- Prompt
Through the last line of the material below, starting at the line with "lan_added = refl", return every line exactly and only those.

- Available data
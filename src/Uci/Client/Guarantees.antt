-- ===== src/Uci/Client/Guarantees.antt =====
-- What AddListItem and DelListItem of the client do together.
use omm.Prelude.{
  String, List, Bool, Bool-cases, inl, inr, ◌≡◌, refl, ◌∙◌, true, false, ◌==◌, ◌&&◌, ◌||◌, not,
  eq_iff,
}
use omm.Uci.{members, has_item}
use omm.Uci.Rpcd.{Rpcd}
use omm.Uci.Client.{add_list_item, del_list_item}
use omm.Uci.Client.Effects.{add_list_item-members, del_list_item-members}

edit_undone :
    (v w : String) (l : List String) (b : Bool)
    → has_item v l ≡ false
    → b ≡ ((v == w) || has_item w l)
    → (not (v == w) && b) ≡ has_item w l
edit_undone v w l b absent e = elim (Bool-cases (v == w)) [
  | inl same ↦
      let at : v ≡ w = (eq_iff v w).0 same in
      let gone : has_item w l ≡ false = rw (← at) absent in rw (same, gone) refl
  | inr ne ↦ rw ne (rw ne at e)
]

module _ (rpcd : Rpcd) where
  -- A successful AddListItem leaves the list with the value and its earlier members, and a
  -- successful DelListItem leaves it with its earlier members but the value, also where the
  -- option was one value or unset.
  pub list_changes :
      (pkg sec opt v : String) (c d : rpcd.Config) (w : String)
      → (add_list_item rpcd pkg sec opt v c).0 ≡ true
      → (del_list_item rpcd pkg sec opt v d).0 ≡ true
      → (has_item w (members (rpcd.value pkg sec opt (add_list_item rpcd pkg sec opt v c).1))
          ≡ ((v == w) || has_item w (members (rpcd.value pkg sec opt c))))
        × (has_item w (members (rpcd.value pkg sec opt (del_list_item rpcd pkg sec opt v d).1))
            ≡ (not (v == w) && has_item w (members (rpcd.value pkg sec opt d))))
  list_changes pkg sec opt v c d w added deleted = (
    add_list_item-members rpcd pkg sec opt v c w added,
    del_list_item-members rpcd pkg sec opt v d w deleted,
  )

  pub add_then_delete :
      (pkg sec opt v : String) (c : rpcd.Config) (w : String)
      → has_item v (members (rpcd.value pkg sec opt c)) ≡ false
      → (add_list_item rpcd pkg sec opt v c).0 ≡ true
      → (del_list_item rpcd pkg sec opt v (add_list_item rpcd pkg sec opt v c).1).0 ≡ true
      → has_item w (
          members (
            rpcd.value pkg sec opt
              (del_list_item rpcd pkg sec opt v (add_list_item rpcd pkg sec opt v c).1).1))
        ≡ has_item w (members (rpcd.value pkg sec opt c))
  add_then_delete pkg sec opt v c w absent added deleted =
      let c1 = (add_list_item rpcd pkg sec opt v c).1 in
      let one = add_list_item-members rpcd pkg sec opt v c w added in
      let two = del_list_item-members rpcd pkg sec opt v c1 w deleted in
      two
      ∙ edit_undone v w (members (rpcd.value pkg sec opt c))
          (has_item w (members (rpcd.value pkg sec opt c1))) absent one
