-- ===== src/Uci/Tests.antt =====
-- The client over rpcd on a configuration in memory.
use omm.Prelude.{◌≡◌, refl, true, [], ◌∷◌, some}
use omm.Uci.{items, has_item}
use omm.Uci.Toy.{Memory, blank, put, memory}
use omm.Uci.Rpcd.{Rpcd}
use omm.Uci.Client.{get_list, set_list, without_item, add_list_item, del_list_item}

abbrev bridge : Memory
bridge = put "network" "br_lan" (("ports", items ("lan1" ∷ "lan2" ∷ [])) ∷ []) blank

abbrev store : Rpcd
store = memory "no package"

wan_left :
    store.value "network" "br_lan" "ports"
      (del_list_item store "network" "br_lan" "ports" "lan1"
        (add_list_item store "network" "br_lan" "ports" "wan" bridge).1).1
    ≡ some (items ("lan2" ∷ "wan" ∷ []))
unfolding add_list_item del_list_item get_list set_list has_item without_item
wan_left = refl

lan_added : (add_list_item store "network" "br_lan" "ports" "lan1" bridge).0 ≡ true
unfolding add_list_item get_list set_list has_item
lan_added = refl

lan_deleted : (del_list_item store "network" "br_lan" "ports" "lan1" bridge).0 ≡ true
unfolding del_list_item get_list set_list has_item without_item
lan_deleted = refl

- Completed task
lan_added = refl

lan_deleted : (del_list_item store "network" "br_lan" "ports" "lan1" bridge).0 ≡ true
unfolding del_list_item get_list set_list has_item without_item
lan_deleted = refl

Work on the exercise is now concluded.